Oh I almost forget … rhubarb is high in vitamin K which is widely believed to help in delaying or even preventing the onset of Alzheimer’s disease.

Saturday, 16 May 2015

Airports


Heathrow was relatively quiet yesterday, but maybe it was just this terminal.  The debate for a new runway has heated up again.  Should Heathrow have a new runway or would it be better at Gatwick.  Boris (London's mayor and now MP ) favoured building one in the Thames Estuary. Locals at Heathrow are very anti the Heathrow option not only for the increased flights but the additional traffic on the roads.  Last month more than 6 million passengers passed through here.  Whatever the final outcome there will be mixed reactions.

Friday, 15 May 2015

Gift Horse


Around the front legs of the skeleton horse is an electronic ticker tape showing the prices on London's stock exchange.  A symbol of the excesses of the market and a reference to the statue of William IV on a horse that was originally intended for the plinth but never happened due to a lack of funds.

Artist and sculptor Hans Haacke says the work is "an invitation to think about whether the invisible hand of the market does promote general welfare or whether there's a misunderstanding, or whether it is totally wrong."

Looking a gift horse in the mouth takes on a whole new meaning.

Thursday, 14 May 2015

Imagine a Swimming Pool


Kids of all ages, we all love playing in the water.  Fountains are fun but a swimming pool would be even more fun.

Once upon a time before there were cars and airplanes and the internet, people swam in the sea and the rivers.  The Thames was full of fish and even royalty swam in its crystal clear waters.   As recently as Victorian times, taking a dip in the Thames was a popular past time.  However  the mighty Thames was also used as a dumping place for effluent from industry and raw sewerage.  The fish died and the water became so unsafe that swimming was banned by law.
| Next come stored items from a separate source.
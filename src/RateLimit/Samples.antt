-- ===== src/RateLimit/Samples.antt =====
-- Tests and witnesses of the rate limiter.
use intelli_study_planner_br.Base.{
  ℕ, ◌≤◌, ◌≡◌, refl, true, not, List, [], ◌∷◌, Text, arith, leb, codes, none,
}
use intelli_study_planner_br.RateLimit.{create, expire, allow, reset, granted, run}
use intelli_study_planner_br.RateLimit.Window.{in_window, granted-le_limit}
use intelli_study_planner_br.RateLimit.Exact.{allow-exact}

abbrev user : Text
user = codes "u1"

abbrev calls : List (Text × ℕ)
calls = (user, 1) ∷ (user, 2) ∷ (codes "u2", 2) ∷ (user, 3) ∷ (user, 12) ∷ []

granted-calls : granted user (create 2 10) calls ≡ 1 ∷ 2 ∷ 12 ∷ []
unfolding granted create allow expire
granted-calls = refl

reset_forgets : (allow user 3 (reset none (run (create 2 10) calls))).0 ≡ true
unfolding allow expire reset run create
reset_forgets = refl

granted-le_limit_example : in_window 10 12 (granted user (create 2 10) calls) ≤ 2
granted-le_limit_example = granted-le_limit 2 10 user calls (omega arith) 12

allow-exact_example :
    (allow user 13 (run (create 2 10) calls)).0
    ≡ not (leb 2 (in_window 10 13 (granted user (create 2 10) calls)))
allow-exact_example = allow-exact 2 10 user calls 13 (omega arith)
Now we are spending millions to clean the waters of the Thames.  The fish are returning and multiple filtering enables us to drink it.   Once the new super £4.2 billion sewer system is completed (in 2023) we should even be able to swim in the river again.

Thames Baths Lido has a plan to enable us to swim in crystal clear waters by Spring 2017!  They launched their plan for a pontoon swimming pool three weeks ago.  It's a rather cool plan.  The edges of the pontoon not only look pretty with plants but it is actually a filtering system (no chemicals) that makes the water super clean and keeps it lovely and soft, just as nature intended.  It is then pumped into pools on the pontoon.  They even plan to heat it so we can swim all year round.  Imagine that!
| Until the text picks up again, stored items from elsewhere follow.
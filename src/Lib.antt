-- ===== src/Lib.antt =====
-- seelf deploys applications: a target is a machine that a provider (Docker) sets up, an application has
-- a configuration for each of its environments, and a deployment takes the application's source to the
-- target of one environment. Commands change aggregates; an aggregate raises events; a store writes what
-- the events say and hands them to signal handlers; these queue jobs, and a scheduler runs the jobs.
--
-- The files, and the code that they model:
--
-- Prelude and its children: Boolean tests, Go's `==` (a class whose instances decide equality), Go maps
--   as association lists, errors (pkg/apperr and the codes of the packages) and results.
-- Pkg: pkg/monad (Maybe), pkg/domain (Action), pkg/event (Event: aggregates that keep their events, and
--   what follows for all of them), pkg/validate (Validate), and the table of rows that the SQLite stores work on (Table).
-- Domain: internal/deployment/domain. Values, Requirement, Services and Provider are the value objects;
--   TargetState and DeploymentState are state.go; Entrypoints is the map of a target's entrypoints and
--   its methods `merge`, `remove` and `assign`; Target, App, Deployment and Registry are the aggregates,
--   EnvVars the comparison of configurations; Naming has the texts of deployment_config.go, appname.go and
--   service.go, Building the services and entrypoints that service.go makes. A method on a pointer is a function that returns the
--   aggregate afterwards and, where there is one, the error (`none` is nil). Under each aggregate, `Call`
--   lists its methods as data, so that a theorem speaks of any sequence of calls.
-- Auth: the users of internal/auth/domain.
-- Store: internal/deployment/infra/sqlite, targets.go, deployments.go, apps.go and registries.go, and
--   internal/auth/infra/sqlite/users.go:
--   a table is the list of its rows,
--   a query a function on it, and `write` makes one statement for each event of an aggregate.
-- Scheduler: pkg/bus/sqlite/store.go and pkg/bus/scheduler.go: the table of jobs in the order of its rows,
--   and the statements of `Setup`, `Create`, `Delete`, `GetNextPendingJobs`, `Retry` and `Done`.
-- Docker: internal/deployment/infra/provider/docker: Project and Transform are what deployment.go makes of
--   a Compose project, ComposeFile its choice of the file; Proxy and Resolve are proxy.go, the proxy of a
--   target and the search for its free ports; Prepare is the method of provider.go that reads a payload.
-- Bus: pkg/bus/memory/dispatcher.go (Memory: registrations, requests and notifications), and the
--   goroutines that pkg/bus/scheduler.go starts, one for each worker and the poller, as a step relation (Workers).
-- Handlers: internal/deployment/app: the deployment job (Deploy), the configuration job (Configure), the
--   cleanup and deletion jobs (Cleanup), the commands that queue deployments (Queueing), and the handlers
--   that cancel pending deployments (FailPending) and that expose and withdraw entrypoints (Exposing);
--   Requests has the commands that request a cleanup or a configuration, and the deletion of applications;
--   Apps has create_app and update_app, Registries and Targets the commands on these, Users those of
--   internal/auth/app; Queues has the handlers that queue jobs.
-- Scenarios: concrete aggregates and rows, and the theorems at them.
--
-- How the state is represented. Times are natural numbers (ticks, and seconds in the queue); the time
-- that a call reads and the identifier that it draws are arguments. A number of the code that counts
-- (deployments, ports) is a natural number; `ParsePort` refuses what does not fit 64 bits; the policy of a job is read bit by
-- bit. The order of the entries of a Go map carries no meaning. Every recursion is structural, on the
-- rows, the events or the calls, except that the digits of a number are printed on fuel, of which a number
-- has itself and one more, more than its digits. Concurrency is explicit: the jobs that work for long
-- take `meanwhile`, what the rest of the program does to the table between their two writes, and the
-- queue is a sequence of calls in any order.
--
-- Not modelled: whether the SQLite engine accepts a statement is the parameter `engine`; the provider,
-- the source and the artifact manager are arguments of the handlers that call them, `url.Parse`, the parser of
-- private keys, `net.ParseIP`, `mail.ParseAddress`, the hasher, the generator of keys, the port
-- specifications of nat, the file system's answers and the container that finds free ports are parameters
-- of the definitions that use them. Text is lowered on ASCII only. A column holds the
-- value that it encodes. Left out are the encodings, the SQL builder, migrations, the read models, HTTP,
-- the command line, Docker, git, archives, ssh and logging; how the
-- scheduler is stopped, and the stores in memory, which serve the tests.
pub mod Prelude
pub mod Pkg
pub mod Domain
pub mod Auth
pub mod Store
pub mod Scheduler
pub mod Docker
pub mod Bus
pub mod Handlers
pub mod Scenarios
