-- ===== src/Auth.antt =====
-- internal/auth/domain: the users.
pub mod User
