-- ===== src/Prelude/Tests.antt =====
-- Boolean tests, the conditional, and Go's `==` on comparable types.
use Prim.Native.Nat.{ℕ, compare, Ordering}
use Prim.Native.String.{String}
use mathlib.Core.Path.{◌≡◌, refl}
use mathlib.Core.Logic.{◌↔◌, ◌⊎◌, inl, inr}
use mathlib.Core.Bool.{Bool, true, false, Bool-discrete}
use mathlib.Core.Option.{Option, none, some}
use native.Mathlib.Decide.{ℕ_discrete}
use text.Mathlib.Text.{◌==◌ as str_eq}
use text.Mathlib.TextEquality.{eq_iff}

-- These compute to `compare`, which the tactics read with no lemma listed.
abbrev pub ltb : ℕ → ℕ → Bool
ltb a b = elim (compare a b) [ Ordering.lt ↦ true | _ ↦ false ]

abbrev pub leb : ℕ → ℕ → Bool
leb a b = elim (compare a b) [ Ordering.gt ↦ false | _ ↦ true ]

infix 1 if◌then◌else◌
abbrev pub if◌then◌else◌ {ℓ} : {A : Type ℓ} → Bool → A → A → A
if true then x else y = x
if false then x else y = y

dec_of_iff {ℓ} : {A : Type ℓ} (b : Bool) → (b ≡ true) ↔ A → Dec A
dec_of_iff true h = yes (h.0 refl)
dec_of_iff false h = no (λ a. let e = h.1 a in cc)

unfoldable pub String-discrete : Discrete String
unfolding dec_of_iff
String-discrete s t = dec_of_iff (str_eq s t) (eq_iff s t)

-- A comparable type. The operator is Go's `==`, and the tactics split on the decision under it.
pub record Eq {ℓ} (A : Type ℓ) : Type ℓ where
  pub dec : Discrete A

infix 50 ◌==◌ ◌!=◌
abbrev pub ◌==◌ {ℓ} : {A : Type ℓ} ⦃e : Eq A⦄ → A → A → Bool
◌==◌ ⦃e⦄ a b = elim (e.dec a b) [ yes _ ↦ true | no _ ↦ false ]

abbrev pub ◌!=◌ {ℓ} : {A : Type ℓ} ⦃e : Eq A⦄ → A → A → Bool
◌!=◌ ⦃e⦄ a b = elim (e.dec a b) [ yes _ ↦ false | no _ ↦ true ]

instance abbrev pub ℕ_eq : Eq ℕ
ℕ_eq = record { dec = ℕ_discrete }

instance abbrev pub string_eq : Eq String
string_eq = record { dec = String-discrete }

instance abbrev pub bool_eq : Eq Bool
bool_eq = record { dec = Bool-discrete }

-- Two texts that differ, by evaluation.
pub text_ne : (s t : String) → str_eq s t ≡ false → s ≡ t → ⊥
text_ne s t h p = let e = (eq_iff s t).1 p in cc

-- To split on a computed value and keep the equation.
pub Bool-cases : (b : Bool) → (b ≡ true) ⊎ (b ≡ false)
Bool-cases true = inl refl
Bool-cases false = inr refl

pub Option-cases {ℓ} : {A : Type ℓ} (o : Option A) → (o ≡ none) ⊎ ((a : A) × (o ≡ some a))
Option-cases none = inl refl
Option-cases (some a) = inr (a, refl)

abbrev pub is_some {ℓ} : {A : Type ℓ} → Option A → Bool
is_some none = false
is_some (some _) = true

-- `m.Get(fallback)` of the code's optional values.
abbrev pub get_or {ℓ} : {A : Type ℓ} → Option A → A → A
get_or none d = d
get_or (some a) d = a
© Studio Octopi + Picture Plane

They've drawn up a couple of models, with one option being moored by City Hall and the other on Victoria Embankment by Blackfriars Bridge.  You can share the project (or even give them money) on their kickstarter page here.  If it all goes according to plan a stroll along the Thames path could include a refreshing dip in it yet again ... pack your swimming costume so you're ready.
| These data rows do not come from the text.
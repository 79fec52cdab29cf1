-- ===== src/Prelude/Lists.antt =====
-- Lists: a Boolean quantifier that runs, the length, and two predicates by recursion.
use Prim.Native.Nat.{ℕ, suc}
use mathlib.Core.Logic.{◌⊎◌}
use mathlib.Core.Bool.{Bool, false, ◌||◌}
use mathlib.Core.List.{List, [], ◌∷◌, ◌++◌}

module _ {ℓ} {A : Type ℓ} where
  -- Does some element pass the test?
  unfoldable pub any : (A → Bool) → List A → Bool
  any p [] = false
  any p (x ∷ xs) = p x || any p xs

  abbrev pub length : List A → ℕ
  length [] = 0
  length (_ ∷ xs) = suc (length xs)

  abbrev pub All {κ} : (A → Type κ) → List A → Type κ
  All Holds [] = Unit
  All Holds (a ∷ rest) = Holds a × All Holds rest

  abbrev pub Any : (A → Type 0) → List A → Type 0
  Any Holds [] = ⊥
  Any Holds (a ∷ rest) = Holds a ⊎ Any Holds rest

  pub All-append {κ} :
      (Holds : A → Type κ) (front back : List A)
      → All Holds front
      → All Holds back
      → All Holds (front ++ back)
  All-append Holds [] back left right = right
  All-append Holds (a ∷ front) back (here, left) right =
      (here, All-append Holds front back left right)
© Studio Octopi + Picture Plane


Wednesday, 13 May 2015

Shakespeare Lives


Next year will be the 400th anniversary of Shakespeare's death.  To celebrate his life and work the British Council and IdeasTap have launched a global photography competition.  They are looking for images that represent Shakespeare in a modern and refreshing way.  The 10 winning entries will receive £300 and their work will be used in the publicity throughout 2016.   Entires open 25 May 2015, details here.  Get your cameras out and your creative ideas flowing.

Tuesday, 12 May 2015

Wisteria


The wisteria tumbling over the brick wall makes such a pretty sight.